You don't have to. If you do use crates from crates.io, then you need to be connected the first time, to get everything. Not after that.

   > ... and is this even possible?
Running your own registry with your own universe of crates is very possible. Mirroring the external world inside that one is not that easy.

  > I couldn't even find the crate. ... that isn't suitable.
Well, multi-bit fields are made up of one-bit fields... if you're looking for GDT, LDT, IDT stuff, the crate referenced in the article already has all of that defined for you. If you want to define it yourself, well, I did it with a struct and a method that handles the bit shifting.

  > I have to wonder how well it performs.
Well, Rust is itself implemented in Rust, the standard library is all in Rust, so.

Also, finally, you don't have to use crates.io to use Cargo. You can just specify crates that are on your local filesystem, or a git repository hosted anywhere.

I was just about to post this exact same thing. Now there's an introduction of ranges and another API that is necessary to understand in order to grok this code. Bit twiddling, ANDing, and ORing are specific and absolute.

For example, what happens when I specify a range of 0..100 for a 32 bit int? what if the value is too big for the range? APIs around small operations like this introduce ambiguity that wasn't present before.

>Bit twiddling, ANDing, and ORing are specific and absolute

So what? You could implement addition using bitwise operators, but it makes for much more readable and less error-prone code to abstract it into an addition operator. Code should clearly express intent, and if your intent is to set, say, bits 5 though 9 of some register to some value, the clearest expression of that is something like (given a right-open range convention, which is well-established in this particular language):

    register.set_bits(5..10, value);
If I look at the above statement, I know what the author of the code intended it to do and can rely on (or manually verify once) the correctness of the implementation of "set_bits." If instead I'm reading code like

    register = (register & 0xFC1F) | (value << 5);
I have to work out in my head what the bit fiddling is doing, and from that guess what the author meant the code to do. I can't know whether he or she made a mistake in translating the intent to bitwise operations (say I know from context that value is less than 8; did they really mean to clear bits 8 and 9?), because the intent isn't expressed anywhere.

>For example, what happens when I specify a range of 0..100 for a 32 bit int?

What happens is that you've violated a precondition of the API. Because this is Rust, I would expect the operation to be implemented in such a way as to panic (in debug mode), or just fail to compile, since selecting a bit range like this at run time is extremely uncommon.

>what if the value is too big for the range?

Same thing as if you weren't using the abstraction around the bitwise operators: either you'd clobber higher bits, or the implementation would truncate the value.

Again, though, I would expect a debug-mode panic.

>APIs around small operations like this introduce ambiguity that wasn't present before.

I'm not sure what "ambiguity" you see here.

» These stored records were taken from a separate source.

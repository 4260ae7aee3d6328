-- ===== src/Direct/Admission/Replay.antt =====
-- A client that asks again may leave out what was chosen for it.
use dorf.Base.{◌≡◌, refl, true, false, Text, ==_iff, arith}
use dorf.Base.Results.{ok}
use dorf.Core.Domain.{session_id}
use dorf.Core.Admission.{SessionAdmission, is_valid_client_reference}
use dorf.Store.Sandboxes.{find_session, session_of}
use dorf.Store.Db.{SessionRow, Db, Absurd}
use dorf.Store.Admission.{same_admission, normalize_core_admission, admit_direct}
use dorf.Store.Admission.Replay.{IsAdmitted, admit-IsAdmitted}
use dorf.Direct.Admission.{
  AdmissionRequest, AdmissionProvider, check_admission_key, normalize_admission_request, normalized,
  contradicts, or_stored, complete_replay, replay, admit,
}

-- A request with what it leaves out taken from the stored Session.
abbrev pub filled_in : AdmissionRequest → SessionRow → SessionAdmission
filled_in r row = record {
  keep_running = r.keep_running;
  created_by_client_id = r.created_by_client_id;
  client_reference = r.client_reference;
  admission_key = r.admission_key;
  agents_md = r.agents_md;
  sandbox_profile = row.sandbox_profile;
  provider_connection = row.provider_connection;
  model = row.model;
  reasoning_effort = row.reasoning_effort;
}

-- The request is well-formed, and asks for the stored Session wherever it says something.
pub record AsksFor (r : AdmissionRequest) (row : SessionRow) : Type 0 where
  pub reference : is_valid_client_reference r.client_reference ≡ true
  pub key : check_admission_key r.admission_key ≡ ok r.admission_key
  pub normal : normalize_admission_request r ≡ ok (normalized r)
  pub same_key : row.admission_key ≡ r.admission_key
  pub same_reference : row.client_reference ≡ r.client_reference
  pub same_agents : row.agents_md ≡ r.agents_md
  pub same_keep_running : row.keep_running ≡ r.keep_running
  pub same_effort : row.reasoning_effort ≡ (normalized r).reasoning_effort
  pub profile : contradicts (normalized r).sandbox_profile row.sandbox_profile ≡ false
  pub connection : contradicts (normalized r).provider_connection row.provider_connection ≡ false
  pub model : or_stored (normalized r).model row.model ≡ row.model
  pub stored : normalize_core_admission (filled_in r row) ≡ ok (filled_in r row)

module _ (service : Absurd) (provider : AdmissionProvider) (db later : Db) (r : AdmissionRequest)
    (row : SessionRow) (nonce : Text)
    (i : IsAdmitted db r.admission_key (session_id r.admission_key) row)
    (asks : AsksFor r row) where
  completes : complete_replay db r ≡ ok (filled_in r row)
  unfolding complete_replay find_session
  completes =
      ground
        (arith, i.stored, asks.normal, asks.profile, asks.connection, asks.model, asks.same_effort)

  same : same_admission row (filled_in r row) ≡ true
  same = ground (
    arith,
    asks.same_key,
    asks.same_reference,
    asks.same_agents,
    asks.same_keep_running,
    ==_iff row.admission_key r.admission_key,
    ==_iff row.client_reference r.client_reference,
    ==_iff row.agents_md r.agents_md,
    ==_iff row.sandbox_profile row.sandbox_profile,
    ==_iff row.provider_connection row.provider_connection,
    ==_iff row.model row.model,
    ==_iff row.reasoning_effort row.reasoning_effort,
  )

  -- A well-formed request under the key of an admitted Session that says nothing else than the
  -- Session, and may leave out the profile, the connection and the model, returns the Session and
  -- changes nothing, whatever the AI connections answer.
  pub admit_again :
      admit service provider (ok nonce) r db db later
      ≡ ok ((session_of db (session_id r.admission_key) row, false), db)
  unfolding admit replay admit_direct find_session
  admit_again =
      let q =
        admit-IsAdmitted service db r.admission_key (session_id r.admission_key) row i
          (filled_in r row) nonce refl in
      ground (arith, i.stored, asks.reference, asks.key, completes, asks.stored, same, q)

There's the issue of whether the range is right-open or -closed, but again right-open ranges are well-established in Rust.

A range of 0..100 could be a static error. There's nothing fundamentally ambiguous about the technique, eg you can shift by 100 already.
Every other project comes up with its own wrapper for bit wise operations. Its not that big a piece of code to find and understand. Its a matter of taste. The first one is the canonical form (in C) and the only error source is the hex.
! is both bitwise and boolean negation, depending on the type (bool vs some numeric)
>Personally, I disagree. Whilst it is easy to make mistakes while writing bit-fiddling code

Luckily Rust gives you the #[test] directive so the next line after abstracting away the bit-flipping details you can provide it works correctly.